ABOUT THIS TASK. Every line below that holds the string "works" should be copied.

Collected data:
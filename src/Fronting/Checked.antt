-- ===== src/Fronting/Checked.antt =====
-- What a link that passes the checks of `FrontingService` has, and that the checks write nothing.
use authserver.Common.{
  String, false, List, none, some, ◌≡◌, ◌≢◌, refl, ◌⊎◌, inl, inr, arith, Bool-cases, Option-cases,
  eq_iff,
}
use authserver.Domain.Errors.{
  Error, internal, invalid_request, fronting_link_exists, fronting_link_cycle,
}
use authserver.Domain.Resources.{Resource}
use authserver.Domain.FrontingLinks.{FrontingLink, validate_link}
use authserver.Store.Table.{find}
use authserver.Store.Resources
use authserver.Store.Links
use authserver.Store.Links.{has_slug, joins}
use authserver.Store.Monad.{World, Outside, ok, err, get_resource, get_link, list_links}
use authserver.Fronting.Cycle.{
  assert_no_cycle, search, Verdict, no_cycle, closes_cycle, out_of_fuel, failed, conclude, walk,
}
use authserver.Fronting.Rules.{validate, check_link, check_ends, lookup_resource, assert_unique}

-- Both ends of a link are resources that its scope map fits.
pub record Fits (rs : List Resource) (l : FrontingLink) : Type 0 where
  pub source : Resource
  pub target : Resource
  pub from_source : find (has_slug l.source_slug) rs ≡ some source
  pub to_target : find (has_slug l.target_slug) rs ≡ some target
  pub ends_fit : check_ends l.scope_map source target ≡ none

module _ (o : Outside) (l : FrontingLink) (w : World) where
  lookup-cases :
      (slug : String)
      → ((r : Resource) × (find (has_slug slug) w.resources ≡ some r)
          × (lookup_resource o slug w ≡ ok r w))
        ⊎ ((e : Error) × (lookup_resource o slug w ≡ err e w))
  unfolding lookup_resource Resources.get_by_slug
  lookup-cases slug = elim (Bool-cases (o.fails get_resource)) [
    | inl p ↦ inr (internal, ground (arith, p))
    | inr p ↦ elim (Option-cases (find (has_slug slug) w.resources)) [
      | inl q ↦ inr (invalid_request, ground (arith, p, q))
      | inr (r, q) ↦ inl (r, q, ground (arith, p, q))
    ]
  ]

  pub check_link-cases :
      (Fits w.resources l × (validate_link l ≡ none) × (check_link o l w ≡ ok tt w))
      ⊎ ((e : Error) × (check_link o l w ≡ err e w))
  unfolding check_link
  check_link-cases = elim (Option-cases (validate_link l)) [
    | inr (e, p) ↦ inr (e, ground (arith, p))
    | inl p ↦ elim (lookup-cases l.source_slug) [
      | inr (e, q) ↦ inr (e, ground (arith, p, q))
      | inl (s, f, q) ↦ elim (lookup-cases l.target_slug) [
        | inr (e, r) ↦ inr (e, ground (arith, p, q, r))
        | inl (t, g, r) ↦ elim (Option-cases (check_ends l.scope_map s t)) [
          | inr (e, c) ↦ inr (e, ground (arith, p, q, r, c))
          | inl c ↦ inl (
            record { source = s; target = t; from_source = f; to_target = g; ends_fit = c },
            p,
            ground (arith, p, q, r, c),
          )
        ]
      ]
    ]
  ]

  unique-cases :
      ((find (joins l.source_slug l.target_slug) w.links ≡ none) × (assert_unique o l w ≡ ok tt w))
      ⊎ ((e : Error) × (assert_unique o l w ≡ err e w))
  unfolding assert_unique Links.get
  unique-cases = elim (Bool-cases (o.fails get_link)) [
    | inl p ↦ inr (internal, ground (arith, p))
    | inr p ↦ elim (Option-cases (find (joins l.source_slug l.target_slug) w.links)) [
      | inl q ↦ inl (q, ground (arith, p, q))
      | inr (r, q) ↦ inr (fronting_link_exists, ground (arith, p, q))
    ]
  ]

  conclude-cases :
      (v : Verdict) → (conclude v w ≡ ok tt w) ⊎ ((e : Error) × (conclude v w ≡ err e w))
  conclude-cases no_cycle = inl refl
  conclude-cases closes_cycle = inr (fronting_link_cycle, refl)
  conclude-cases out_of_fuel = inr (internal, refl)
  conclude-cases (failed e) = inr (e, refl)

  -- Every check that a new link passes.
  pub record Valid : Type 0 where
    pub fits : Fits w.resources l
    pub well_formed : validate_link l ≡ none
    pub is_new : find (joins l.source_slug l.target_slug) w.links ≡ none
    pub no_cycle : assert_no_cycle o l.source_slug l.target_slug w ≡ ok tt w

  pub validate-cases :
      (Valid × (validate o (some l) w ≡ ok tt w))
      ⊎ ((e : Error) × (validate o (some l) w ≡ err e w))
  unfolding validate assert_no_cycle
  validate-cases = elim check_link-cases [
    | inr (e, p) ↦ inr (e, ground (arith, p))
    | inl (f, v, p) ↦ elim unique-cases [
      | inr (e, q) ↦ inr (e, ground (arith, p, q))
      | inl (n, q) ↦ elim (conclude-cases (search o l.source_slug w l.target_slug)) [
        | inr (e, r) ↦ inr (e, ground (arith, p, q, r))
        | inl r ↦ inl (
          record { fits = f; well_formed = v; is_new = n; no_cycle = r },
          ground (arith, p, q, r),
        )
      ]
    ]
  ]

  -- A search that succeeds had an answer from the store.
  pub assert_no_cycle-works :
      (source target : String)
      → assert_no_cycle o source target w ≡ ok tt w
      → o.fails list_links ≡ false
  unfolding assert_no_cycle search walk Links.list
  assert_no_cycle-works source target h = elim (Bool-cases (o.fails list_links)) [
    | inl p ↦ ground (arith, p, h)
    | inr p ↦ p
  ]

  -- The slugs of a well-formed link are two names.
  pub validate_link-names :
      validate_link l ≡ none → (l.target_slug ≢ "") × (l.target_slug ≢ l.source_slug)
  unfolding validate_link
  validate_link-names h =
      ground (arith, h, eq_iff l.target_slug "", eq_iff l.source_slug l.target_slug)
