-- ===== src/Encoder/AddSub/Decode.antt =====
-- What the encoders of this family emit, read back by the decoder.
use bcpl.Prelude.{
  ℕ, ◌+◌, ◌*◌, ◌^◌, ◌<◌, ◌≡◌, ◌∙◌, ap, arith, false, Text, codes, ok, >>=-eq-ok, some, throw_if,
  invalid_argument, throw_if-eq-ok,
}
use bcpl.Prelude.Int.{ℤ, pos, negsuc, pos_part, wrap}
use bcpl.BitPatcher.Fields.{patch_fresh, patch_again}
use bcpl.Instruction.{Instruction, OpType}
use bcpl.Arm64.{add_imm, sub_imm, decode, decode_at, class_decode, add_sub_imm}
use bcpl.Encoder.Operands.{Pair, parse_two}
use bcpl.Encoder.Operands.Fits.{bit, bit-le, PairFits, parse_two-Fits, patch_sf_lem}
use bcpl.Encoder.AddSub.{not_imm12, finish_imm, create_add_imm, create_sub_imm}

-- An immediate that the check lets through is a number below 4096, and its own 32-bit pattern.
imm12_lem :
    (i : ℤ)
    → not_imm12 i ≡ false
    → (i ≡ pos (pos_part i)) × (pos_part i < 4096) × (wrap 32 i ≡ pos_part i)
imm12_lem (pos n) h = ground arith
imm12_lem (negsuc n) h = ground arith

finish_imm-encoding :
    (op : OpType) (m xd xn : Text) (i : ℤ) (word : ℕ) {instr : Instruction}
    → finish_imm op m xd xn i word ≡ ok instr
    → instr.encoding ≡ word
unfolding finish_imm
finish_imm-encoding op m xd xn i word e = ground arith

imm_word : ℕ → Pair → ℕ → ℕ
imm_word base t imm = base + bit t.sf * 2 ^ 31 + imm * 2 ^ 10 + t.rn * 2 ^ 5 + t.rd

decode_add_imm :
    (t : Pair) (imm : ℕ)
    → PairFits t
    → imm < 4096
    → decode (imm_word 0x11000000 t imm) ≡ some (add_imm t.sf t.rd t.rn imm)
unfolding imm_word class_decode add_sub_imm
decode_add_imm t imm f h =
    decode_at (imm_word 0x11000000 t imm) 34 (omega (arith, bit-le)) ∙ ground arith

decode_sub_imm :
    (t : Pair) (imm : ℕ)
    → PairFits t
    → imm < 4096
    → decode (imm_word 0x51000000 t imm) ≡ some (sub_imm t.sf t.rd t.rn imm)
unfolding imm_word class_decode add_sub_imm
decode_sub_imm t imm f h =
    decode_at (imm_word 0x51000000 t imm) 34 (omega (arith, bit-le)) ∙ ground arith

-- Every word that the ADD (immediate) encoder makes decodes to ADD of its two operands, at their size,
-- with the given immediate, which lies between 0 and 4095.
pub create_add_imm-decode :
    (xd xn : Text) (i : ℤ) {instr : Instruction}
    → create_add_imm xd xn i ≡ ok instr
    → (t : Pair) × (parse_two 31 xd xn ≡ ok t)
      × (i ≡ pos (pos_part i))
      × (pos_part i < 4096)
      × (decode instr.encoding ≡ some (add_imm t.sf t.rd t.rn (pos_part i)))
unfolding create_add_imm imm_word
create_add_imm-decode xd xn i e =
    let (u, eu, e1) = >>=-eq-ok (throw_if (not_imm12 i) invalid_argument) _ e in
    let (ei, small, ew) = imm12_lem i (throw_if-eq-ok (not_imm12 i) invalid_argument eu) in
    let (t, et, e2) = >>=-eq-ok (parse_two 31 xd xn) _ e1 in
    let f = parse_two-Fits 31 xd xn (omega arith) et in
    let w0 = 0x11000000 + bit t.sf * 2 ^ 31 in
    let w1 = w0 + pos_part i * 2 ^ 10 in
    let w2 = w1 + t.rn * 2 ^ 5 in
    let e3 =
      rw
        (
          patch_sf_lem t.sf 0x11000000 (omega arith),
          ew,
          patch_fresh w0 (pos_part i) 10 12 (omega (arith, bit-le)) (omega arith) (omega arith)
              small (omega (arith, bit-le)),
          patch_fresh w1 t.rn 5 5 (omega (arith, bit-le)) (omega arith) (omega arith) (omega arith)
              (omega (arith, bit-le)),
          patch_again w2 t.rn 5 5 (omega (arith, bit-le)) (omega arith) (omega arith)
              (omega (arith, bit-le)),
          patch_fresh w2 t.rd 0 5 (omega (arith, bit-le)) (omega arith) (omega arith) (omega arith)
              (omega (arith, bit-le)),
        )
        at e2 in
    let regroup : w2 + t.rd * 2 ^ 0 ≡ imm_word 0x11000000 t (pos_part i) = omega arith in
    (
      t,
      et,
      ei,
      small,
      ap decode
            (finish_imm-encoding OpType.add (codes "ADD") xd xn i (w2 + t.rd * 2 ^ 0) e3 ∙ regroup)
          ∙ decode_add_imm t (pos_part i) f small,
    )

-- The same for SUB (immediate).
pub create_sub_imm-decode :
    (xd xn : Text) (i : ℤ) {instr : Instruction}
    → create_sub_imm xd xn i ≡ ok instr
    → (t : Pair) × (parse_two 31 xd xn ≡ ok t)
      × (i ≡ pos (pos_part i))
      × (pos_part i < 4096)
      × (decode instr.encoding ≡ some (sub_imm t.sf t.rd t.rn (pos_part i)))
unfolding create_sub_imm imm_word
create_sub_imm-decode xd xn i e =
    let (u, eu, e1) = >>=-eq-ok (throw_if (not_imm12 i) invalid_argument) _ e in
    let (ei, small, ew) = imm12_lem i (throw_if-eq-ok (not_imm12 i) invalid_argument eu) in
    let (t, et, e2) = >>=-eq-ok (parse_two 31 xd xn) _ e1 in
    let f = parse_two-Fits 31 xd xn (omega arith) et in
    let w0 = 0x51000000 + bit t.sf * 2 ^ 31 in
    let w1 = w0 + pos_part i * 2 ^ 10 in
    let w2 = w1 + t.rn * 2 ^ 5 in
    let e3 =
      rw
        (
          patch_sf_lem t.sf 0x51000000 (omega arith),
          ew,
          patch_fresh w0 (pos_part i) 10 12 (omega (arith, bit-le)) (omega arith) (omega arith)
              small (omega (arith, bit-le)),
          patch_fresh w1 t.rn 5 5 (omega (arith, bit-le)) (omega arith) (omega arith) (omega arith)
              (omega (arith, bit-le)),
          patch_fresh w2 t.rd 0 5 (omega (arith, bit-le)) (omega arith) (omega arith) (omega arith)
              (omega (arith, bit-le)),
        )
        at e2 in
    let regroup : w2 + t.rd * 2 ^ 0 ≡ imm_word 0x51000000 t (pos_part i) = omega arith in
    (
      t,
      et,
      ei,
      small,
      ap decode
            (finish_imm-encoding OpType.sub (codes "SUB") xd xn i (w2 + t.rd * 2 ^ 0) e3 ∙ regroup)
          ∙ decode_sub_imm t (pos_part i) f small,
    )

EXERCISE ANSWER.
  pub assert_no_cycle-works :
  assert_no_cycle-works source target h = elim (Bool-cases (o.fails list_links)) [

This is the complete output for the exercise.